# WHAT NEEDS TO BE DONE:
Collect from the data below each line with "Table".

(Extracted data entries)
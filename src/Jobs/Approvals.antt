-- ===== src/Jobs/Approvals.antt =====
-- Approvals in `MemoryJobStore`: `decide_job_idempotent`, `create_approval`, `consume_approval` and
-- `consume_export_idempotent`.
pub mod Exports
pub mod Uses
pub mod Granted
pub mod Covered
pub mod Verdicts
use lil_tweak.Prelude.{
  ℕ, ◌+◌, Bool, true, false, not, ◌&&◌, ◌||◌, String, Option, some, none, List, [], ◌∷◌, any, all,
  length, leb, ltb, nat_eq, if◌then◌else◌, ◌==◌, string_Eq, nat_Eq, pair_Eq, option_Eq, Result, ok,
  err, ◌>>=◌, ◌>>◌, guard,
}
use lil_tweak.Prelude.Text.{codes, is_upper, is_lower, is_digit, is_hex_text}
use lil_tweak.Prelude.Table.{get, put}
use lil_tweak.Json.{Json, Fields, bool, nat, text, obj, end, field, get_field, is_text}
use lil_tweak.Json.Equality.{fields_equal}
use lil_tweak.Contracts.{JobState, awaiting_approval, applying, completed, rejected}
use lil_tweak.State.{Evidence, no_evidence}
use lil_tweak.Jobs.Model.{
  StoreError, idempotency_conflict, stale_revision, invalid_approval, Answer, Job, JobEvent,
  Approval, JobStore, approval_key_Eq, Turn, moved_to,
}
use lil_tweak.Jobs.Events.{validated_event_data, append_event_locked, owned_job}
use lil_tweak.Jobs.Updates.{stored_job}
use lil_tweak.Jobs.Cancels.{decided_before}

-- The keyword arguments of `decide_job_idempotent` after the owner and the revision.
pub record Verdict : Type 0 where
  pub idempotency_key : String
  pub request_hash : String
  pub decision : String
  pub proposal_digest : String
  pub approval_proposal : Option Fields
  pub approval_token_hash : Option String
  pub expires_at : Option ℕ

abbrev is_awaiting : JobState → Bool
is_awaiting awaiting_approval = true
is_awaiting _ = false

abbrev pub text_of : Option Json → Option String
text_of (some (text t)) = some t
text_of _ = none

abbrev pub fields_of : Option Json → Option Fields
fields_of (some (obj d)) = some d
fields_of _ = none

-- The proposal that is approved is the one on record, for this digest and source.
unfoldable pub proposal_fits : Fields → Fields → String → String → Bool
proposal_fits shown recorded digest source =
    fields_equal shown recorded
    && is_text "export_patch" (get_field "action" shown)
    && is_text "owner_download" (get_field "target" shown)
    && is_text digest (get_field "proposalDigest" shown)
    && is_text source (get_field "sourceDigest" shown)

-- What is missing makes the approval invalid.
abbrev pub required : {A : Type 0} → Option A → Answer A
required none = err invalid_approval
required (some a) = ok a

-- The tests of an approving verdict, and the approval that it grants.
unfoldable pub granted : Job → String → String → Verdict → ℕ → Answer Approval
unfolding proposal_fits
granted job job_id owner v now = do
  guard (v.decision == "approve") invalid_approval
  shown ← required v.approval_proposal
  recorded ← required job.approval_proposal
  source ← required job.source_digest
  policy ← required (text_of (get_field "policyVersion" shown))
  profile ← required (fields_of (get_field "resourceProfile" shown))
  token ← required v.approval_token_hash
  expires ← required v.expires_at
  guard (proposal_fits shown recorded v.proposal_digest source) invalid_approval
  guard (is_hex_text 64 token && ltb now expires) invalid_approval
  ok (record {
    token_hash = token;
    job_id = job_id;
    owner_id = owner;
    revision = job.revision;
    proposal_digest = v.proposal_digest;
    source_digest = source;
    action = "export_patch";
    target = "owner_download";
    policy_version = policy;
    resource_profile = profile;
    expires_at = expires;
    consumed = false;
    consumed_at = none;
  })

-- What an approval hands to `transition`.
abbrev pub approved_evidence : String → Evidence
approved_evidence digest = record {
  proposal_digest = some digest;
  has_manifest = false;
  approved_digest = some digest;
  approval_recorded = true;
  approval_consumed = false;
}

abbrev pub key_of : Approval → String × (ℕ × String)
key_of a = (a.job_id, (a.revision, a.proposal_digest))

abbrev pub is_fresh_key : Approval → JobStore → Bool
is_fresh_key a s = elim (get {K = String × (ℕ × String)} (key_of a) s.approval_index) [
  | none ↦ true
  | some _ ↦ false
]

abbrev pub approved_fields : Approval → Fields
approved_fields a = field "revision" (nat a.revision) (
    field "proposal_digest" (text a.proposal_digest)
      (field "source_digest" (text a.source_digest) (field "expires_at" (nat a.expires_at) end)))

abbrev pub export_action : Fields
export_action = field "action" (text "export_patch") end

-- The job that is stored with a decision.
abbrev pub moved_job : Job → JobState → ℕ → Job
moved_job job target now = record job {
  state = target;
  revision = job.revision + 1;
  updated_at = now;
}

-- The rejecting half of `decide_job_idempotent`.
unfoldable pub reject_job : Job → String → String → Verdict → ℕ → JobStore → Turn Job
reject_job job job_id owner v now s = elim (moved_to job.state rejected no_evidence) [
  | err e ↦ (err e, s)
  | ok target ↦ elim (validated_event_data "rejected" end) [
    | err e ↦ (err e, s)
    | ok checked ↦
        let updated = moved_job job target now in
        let (event, after) = append_event_locked job_id "rejected" checked now (record s {
          jobs = put job_id updated s.jobs;
          decisions =
              put {K = String × String} (owner, v.idempotency_key) (v.request_hash, job_id)
                s.decisions;
        }) in
        (elim event [ err e ↦ err e | ok _ ↦ ok updated ], after)
  ]
]

-- The tests of the approving half, in their order: the approval, the move, the key, the events.
unfoldable pub approval_of :
    Job → String → String → Verdict → ℕ → JobStore → Answer (Approval × Fields × Fields)
unfolding granted
approval_of job job_id owner v now s = do
  approval ← granted job job_id owner v now
  moved_to job.state applying (approved_evidence v.proposal_digest)
  guard (is_fresh_key approval s) invalid_approval
  approved ← validated_event_data "approved" (approved_fields approval)
  applied ← validated_event_data "applying" export_action
  ok (approval, approved, applied)

unfoldable pub approve_job : Job → String → String → Verdict → ℕ → JobStore → Turn Job
approve_job job job_id owner v now s = elim (approval_of job job_id owner v now s) [
  | err e ↦ (err e, s)
  | ok (approval, approved, applied) ↦
      let updated = record (moved_job job applying now) { approval_consumed = false } in
      let (first, s1) = append_event_locked job_id "approved" approved now (record s {
        jobs = put job_id updated s.jobs;
        approvals = put approval.token_hash approval s.approvals;
        approval_index =
            put {K = String × (ℕ × String)} (key_of approval) approval.token_hash s.approval_index;
        decisions =
            put {K = String × String} (owner, v.idempotency_key) (v.request_hash, job_id)
              s.decisions;
      }) in
      elim first [
        | err e ↦ (err e, s1)
        | ok _ ↦
            let (second, s2) = append_event_locked job_id "applying" applied now s1 in
            (elim second [ err e ↦ err e | ok _ ↦ ok updated ], s2)
      ]
]

-- The job waits for a verdict on this proposal at this revision.
abbrev pub awaits : Job → ℕ → String → Bool
awaits job expected_revision digest =
    is_awaiting job.state
    && nat_eq job.revision expected_revision
    && job.proposal_digest == some digest

unfoldable pub decide_job_idempotent : String → String → ℕ → Verdict → ℕ → JobStore → Turn Job
decide_job_idempotent job_id owner expected_revision v now s =
    elim (decided_before (owner, v.idempotency_key) v.request_hash job_id s) [
      | some answer ↦ (answer, s)
      | none ↦ elim (owned_job job_id owner s) [
        | err e ↦ (err e, s)
        | ok job ↦
            if not (awaits job expected_revision v.proposal_digest)
            then (err stale_revision, s)
            else if v.decision == "reject"
            then reject_job job job_id owner v now s
            else approve_job job job_id owner v now s
      ]
    ]
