-- ===== src/Jobs/Leases.antt =====
-- The leases of `MemoryJobStore`: `claim_job`, `renew_claim`, `release_claim`,
-- `list_schedulable_jobs` and `reconcile_active_jobs`.
pub mod Claims
pub mod Generations
pub mod Fencing
use Prim.Native.Nat.{Ordering}
use Prim.Native.String as S
use lil_tweak.Prelude.{
  ℕ, ◌+◌, Bool, true, false, not, ◌&&◌, ◌||◌, String, Option, some, none, List, [], ◌∷◌, ◌++◌,
  length, find, take, select, leb, ltb, nat_eq, between, if◌then◌else◌, ◌==◌, string_Eq, option_Eq,
  ok, err,
}
use lil_tweak.Prelude.Text.{is_blank}
use lil_tweak.Prelude.Table.{get, put, remove, values}
use lil_tweak.Json.{Fields, end}
use lil_tweak.Contracts.{
  JobState, queued, ingesting, planning, executing, testing, collecting, awaiting_approval,
  applying, completed, timed_out, is_terminal,
}
use lil_tweak.Prelude.Sorting.{sort_by}
use lil_tweak.Jobs.Model.{value_error, stale_lease, Answer, JobLease, Job, Approval, JobStore, Turn}
use lil_tweak.Jobs.Events.{append_event_locked}
use lil_tweak.Jobs.Approvals.{export_action}

-- `claim is None or claim.expires_at <= current_time`
abbrev pub is_unclaimed : Option JobLease → ℕ → Bool
is_unclaimed none now = true
is_unclaimed (some claim) now = leb claim.expires_at now

-- States in which a job is not claimed: it waits for approval, or is done.
abbrev pub is_settled : JobState → Bool
is_settled awaiting_approval = true
is_settled state = is_terminal state

abbrev pub lease_generation : String → JobStore → ℕ
lease_generation job_id s = elim (get job_id s.lease_generations) [ none ↦ 0 | some g ↦ g ]

unfoldable pub claim_job : String → String → String → ℕ → ℕ → JobStore → Turn (Option JobLease)
claim_job job_id owner worker lease_seconds now s =
    let claimed : JobLease = record {
      job_id = job_id;
      owner_id = owner;
      worker_id = worker;
      generation = lease_generation job_id s + 1;
      expires_at = now + lease_seconds;
    } in
    if is_blank worker || nat_eq lease_seconds 0
    then (err (value_error "invalid lease"), s)
    else elim (get job_id s.jobs) [
      | none ↦ (ok none, s)
      | some job ↦
          if not (job.owner_id == owner) || is_settled job.state
          then (ok none, s)
          else if not (is_unclaimed (get job_id s.claims) now)
          then (ok none, s)
          else (
            ok (some claimed),
            record s {
              lease_generations = put job_id claimed.generation s.lease_generations;
              claims = put job_id claimed s.claims;
            },
          )
    ]

-- The owner, worker and generation that `renew_claim` and `release_claim` compare.
abbrev pub is_holder : JobLease → JobLease → Bool
is_holder current lease =
    current.owner_id == lease.owner_id
    && current.worker_id == lease.worker_id
    && nat_eq current.generation lease.generation

unfoldable pub renew_claim : JobLease → ℕ → ℕ → JobStore → Turn JobLease
renew_claim lease lease_seconds now s =
    if nat_eq lease_seconds 0
    then (err (value_error "invalid lease"), s)
    else elim (get lease.job_id s.claims) [
      | none ↦ (err stale_lease, s)
      | some current ↦
          let renewed = record current { expires_at = now + lease_seconds } in
          if not (is_holder current lease) || leb current.expires_at now
          then (err stale_lease, s)
          else (ok renewed, record s { claims = put lease.job_id renewed s.claims })
    ]

unfoldable pub release_claim : JobLease → JobStore → JobStore
release_claim lease s = elim (get lease.job_id s.claims) [
  | none ↦ s
  | some current ↦
      if is_holder current lease then record s { claims = remove lease.job_id s.claims } else s
]

-- The order of `(created_at, id)`.
abbrev pub job_before : Job → Job → Bool
job_before a b =
    ltb a.created_at b.created_at
    || (nat_eq a.created_at b.created_at
        && elim (S.compare a.id b.id) [ Ordering.lt ↦ true | _ ↦ false ])

abbrev is_queued_job : JobState → Bool
is_queued_job queued = true
is_queued_job _ = false

unfoldable pub is_schedulable : JobStore → ℕ → Job → Bool
is_schedulable s now job = is_queued_job job.state && is_unclaimed (get job.id s.claims) now

unfoldable pub list_schedulable_jobs : ℕ → ℕ → JobStore → Answer (List Job)
unfolding is_schedulable sort_by
list_schedulable_jobs now limit s =
    if not (between 1 1000 limit)
    then err (value_error "invalid scheduler limit")
    else ok (take limit (select (is_schedulable s now) (sort_by job_before (values s.jobs))))

-- `job.state in active`
abbrev pub is_active_job : JobState → Bool
is_active_job ingesting = true
is_active_job planning = true
is_active_job executing = true
is_active_job testing = true
is_active_job collecting = true
is_active_job applying = true
is_active_job _ = false

abbrev pub approves_job : Job → Approval → Bool
approves_job job a =
    a.job_id == job.id
    && a.owner_id == job.owner_id
    && job.proposal_digest == some a.proposal_digest

-- Where a job goes whose worker is gone; `none` leaves it, since its approval may still be used.
unfoldable pub recovery_target : Job → Option Approval → ℕ → Option JobState
recovery_target job approval now = elim job.state [
  | applying ↦ elim approval [
    | none ↦ some timed_out
    | some a ↦
        if a.consumed then some completed else if ltb now a.expires_at then none else some timed_out
  ]
  | _ ↦ some queued
]

-- The name and the data of the event for this target.
abbrev pub recovery_kind : JobState → String
recovery_kind completed = "completed"
recovery_kind timed_out = "timed_out"
recovery_kind _ = "queued"

abbrev pub recovery_data : JobState → Fields
recovery_data completed = export_action
recovery_data _ = end

abbrev pub recovered_jobs : JobState → Job → List Job → List Job
recovered_jobs queued job jobs = jobs ++ job ∷ []
recovered_jobs _ job jobs = jobs

-- One job is moved, its claim dropped, and the event logged.
unfoldable pub recover_job : Job → JobState → ℕ → JobStore → Turn Job
recover_job job target now s =
    let updated = record job { state = target; revision = job.revision + 1; updated_at = now } in
    let (event, after) =
      append_event_locked job.id (recovery_kind target) (recovery_data target) now
        (record s { jobs = put job.id updated s.jobs; claims = remove job.id s.claims }) in
    (elim event [ err e ↦ err e | ok _ ↦ ok updated ], after)

unfoldable pub reconcile_jobs : List Job → ℕ → ℕ → List Job → JobStore → Turn (List Job)
reconcile_jobs [] now limit recovered s = (ok recovered, s)
reconcile_jobs (job ∷ rest) now limit recovered s =
    let skip = reconcile_jobs rest now limit recovered s in
    if leb limit (length recovered) || not (is_active_job job.state)
    then skip
    else if not (is_unclaimed (get job.id s.claims) now)
    then skip
    else elim (recovery_target job (find (approves_job job) (values s.approvals)) now) [
      | none ↦ skip
      | some target ↦
          let (result, after) = recover_job job target now s in
          elim result [
            | err e ↦ (err e, after)
            | ok updated ↦
                reconcile_jobs rest now limit (recovered_jobs target updated recovered) after
          ]
    ]

unfoldable pub reconcile_active_jobs : ℕ → ℕ → JobStore → Turn (List Job)
unfolding reconcile_jobs
reconcile_active_jobs now limit s =
    reconcile_jobs (sort_by job_before (values s.jobs)) now limit [] s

# ANSWER TO THIS TASK:
use lil_tweak.Prelude.Table.{get, put}
use lil_tweak.Prelude.Table.{get, put, remove, values}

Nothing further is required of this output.